Armed throughout with a laptop, he weaves the occasionally tense encounters and disparate images into a compelling narrative. He strives to be non-judgmental, and broadly succeeds. There are, however, a few — almost involuntary — lapses. After an encounter with Satish and Mickey, for instance, he muses: “If the police or another gangster shoot them dead — when the police or another gangster shot them dead — I will feel no regret. I will not feel that the earth is a poorer place for their passing.”
It’s difficult to disagree with him there, but on another occasion he expresses what could be construed as an ideological, rather than a moral, judgment: reflecting on the obscene economic disparities in Bombay, he claims “it is also [the] rich who create wealth, who create the conditions that will allow the mother on the streets to find a home for her children. They must be allowed their penthouses, their brandy, so the poor may be allowed their simple clean room, their rice and dal.”
That comes across as a gratuitous bit of neo-liberalism, but such intrusions are rare and barely detract from Mehta’s descriptive skills. Maximum City has, perhaps inevitably, been compared with V.S. Naipaul’s India: A Million Mutinies Now, but Mehta’s epic account is, by and large, refreshingly unprejudiced and steers clear of the overweening subjectivity and occasional dishonesty that diminished the value of Naipaul’s opus.
Bombay often tends to be viewed as a microcosm of India.
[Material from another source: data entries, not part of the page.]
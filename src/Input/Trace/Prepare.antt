-- ===== src/Input/Trace/Prepare.antt =====
-- `ensureProgress` and `prepare` leave the trace alone, and a record stands for its message.
use Prim.Native.String.{◌++◌}
use market_data_backend.Prelude.{
  ℕ, ℕ_eq, String, Bool, true, false, List, [], ◌∷◌, Option, none, some, Result, ok, err, ◌≡◌, refl,
  Bool-cases, inl, inr, if◌then◌else◌, ◌==◌, String_eq, is_some,
}
use market_data_backend.Prelude.Map
use market_data_backend.Prelude.Int.{pos, leb_ℤ}
use market_data_backend.Model.StreamKind
use market_data_backend.Model.ActualStatus
use market_data_backend.Model.{Trade, Kline, OrderBookDelta, StreamWriteProgress}
use market_data_backend.Sequence.{check_delta_continuity}
use market_data_backend.Input.Types.{Message, Builders, InputWorker}
use market_data_backend.Input.Status.{set_status}
use market_data_backend.Input.Prepare.{
  LoadAttempt, loaded, load_failed, load_cancelled, install_progress, load_progress, flag,
  ensure_progress, or_zero, Prepared, prepared, failed, bare_record, trade_record, kline_record,
  gated_delta, delta_record, prepare,
}
use market_data_backend.Input.Trace.Grow.{Grows, Grows-refl, Grows-trans, Grows-same}

install_progress-Grows :
    (v : InputWorker) (p : ℕ) (progress : Option StreamWriteProgress)
    → Grows v (install_progress v p progress)
unfolding install_progress
install_progress-Grows v p none = Grows-same v (install_progress v p none) refl refl
install_progress-Grows v p (some progress) =
    Grows-same v (install_progress v p (some progress)) refl refl

load_progress-Grows :
    (v : InputWorker) (p : ℕ) (attempts : List LoadAttempt) → Grows v (load_progress v p attempts).0
unfolding load_progress set_status
load_progress-Grows v p [] = Grows-refl v
load_progress-Grows v p (loaded progress ∷ _) = install_progress-Grows v p progress
load_progress-Grows v p (load_failed e ∷ attempts) =
    let marked = set_status v ActualStatus.error ("load progress: " ++ e) in
    Grows-trans (Grows-same v marked refl refl) (load_progress-Grows marked p attempts)
load_progress-Grows v p (load_cancelled ∷ _) = Grows-refl v

pub ensure_progress-Grows :
    (v : InputWorker) (p : ℕ) (attempts : List LoadAttempt)
    → Grows v (ensure_progress v p attempts).0
unfolding ensure_progress
ensure_progress-Grows v p attempts = elim (Bool-cases (flag (Map.lookup p v.loaded_progress))) [
  | inl known ↦ rw known (Grows-refl v)
  | inr unknown ↦ rw unknown (load_progress-Grows v p attempts)
]

abbrev pub StandsFor : Message → Prepared → Type 0
StandsFor msg (prepared r) = r.msg ≡ msg
StandsFor msg (failed stage message) = Unit

-- The worker grew, and the record, if there is one, stands for the message.
pub record IsReady (v : InputWorker) (msg : Message) (r : InputWorker × Prepared) : Type 0 where
  pub grows : Grows v r.0
  pub stands : StandsFor msg r.1

same-IsReady :
    (v : InputWorker) (msg : Message) (p : Prepared) → StandsFor msg p → IsReady v msg (v, p)
same-IsReady v msg p s = record { grows = Grows-refl v; stands = s }

trade-StandsFor : (msg : Message) (r : Result String Trade) → StandsFor msg (trade_record msg r)
trade-StandsFor msg (ok t) = refl
trade-StandsFor msg (err e) = tt

kline-StandsFor : (msg : Message) (r : Result String Kline) → StandsFor msg (kline_record msg r)
kline-StandsFor msg (ok k) = refl
kline-StandsFor msg (err e) = tt

if-IsReady :
    (b : Bool) (v : InputWorker) (msg : Message) (x y : InputWorker × Prepared)
    → IsReady v msg x
    → IsReady v msg y
    → IsReady v msg (if b then x else y)
if-IsReady true v msg x y p q = p
if-IsReady false v msg x y p q = q

gated_delta-IsReady :
    (v : InputWorker) (msg : Message) (d : OrderBookDelta) (r : Result String Bool)
    → IsReady v msg (gated_delta v msg d r)
gated_delta-IsReady v msg d (ok true) = record {
  grows = Grows-same v (gated_delta v msg d (ok true)).0 refl refl;
  stands = refl;
}
gated_delta-IsReady v msg d (ok false) = same-IsReady v msg (gated_delta v msg d (ok false)).1 refl
gated_delta-IsReady v msg d (err e) =
    let skipped = prepared (bare_record msg d.event_time) in
    let stop = failed "sequence" e in
    if-IsReady (is_some v.snapshot_reset_seq) v msg (v, skipped)
      (if is_some v.snapshot_reset_last_update then (v, skipped) else (v, stop))
      (same-IsReady v msg skipped refl)
      (if-IsReady (is_some v.snapshot_reset_last_update) v msg (v, skipped) (v, stop)
        (same-IsReady v msg skipped refl) (same-IsReady v msg stop tt))

delta_record-IsReady :
    (v : InputWorker) (msg : Message) (r : Result String OrderBookDelta)
    → IsReady v msg (delta_record v msg r)
delta_record-IsReady v msg (err e) = same-IsReady v msg (failed "decode" e) tt
delta_record-IsReady v msg (ok d) =
    gated_delta-IsReady v msg d
      (check_delta_continuity (Map.lookup msg.partition v.last_delta_by_partition) d)

pub prepare-IsReady :
    (b : Builders) (v : InputWorker) (msg : Message) → IsReady v msg (prepare b v msg)
unfolding prepare
prepare-IsReady b v msg =
    if-IsReady (leb_ℤ msg.offset (or_zero (Map.lookup msg.partition v.durable_by_partition))) v msg
      (v, prepared (bare_record msg (pos 0))) _ (same-IsReady v msg _ refl)
      (if-IsReady (v.input.stream_kind == StreamKind.trade) v msg
        (v, trade_record msg (b.build_trade v.input msg)) _
        (same-IsReady v msg _ (trade-StandsFor msg (b.build_trade v.input msg)))
        (if-IsReady (v.input.stream_kind == StreamKind.kline) v msg
          (v, kline_record msg (b.build_kline v.input msg)) _
          (same-IsReady v msg _ (kline-StandsFor msg (b.build_kline v.input msg)))
          (if-IsReady (v.input.stream_kind == StreamKind.order_book_delta) v msg
            (delta_record v msg (b.build_order_book_delta v.input msg)) _
            (delta_record-IsReady v msg (b.build_order_book_delta v.input msg))
            (same-IsReady v msg _ tt))))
Mehta shows us that it is also an organic whole, with a mind — and a heart — of its own. Most of the city’s internal conflicts boil down to a competition for limited resources. Mehta doesn’t jump to that admittedly mundane conclusion, but it’s implicit in the vignettes that make up the big picture. That’s a big part of this volume’s appeal: that it’s long on evidence and short on verdicts. It’s a comprehensive collage that coalesces into a striking portrait. And anyone hoping for a more revealing depiction of this unique yet quintessentially Indian city could be in for a long wait.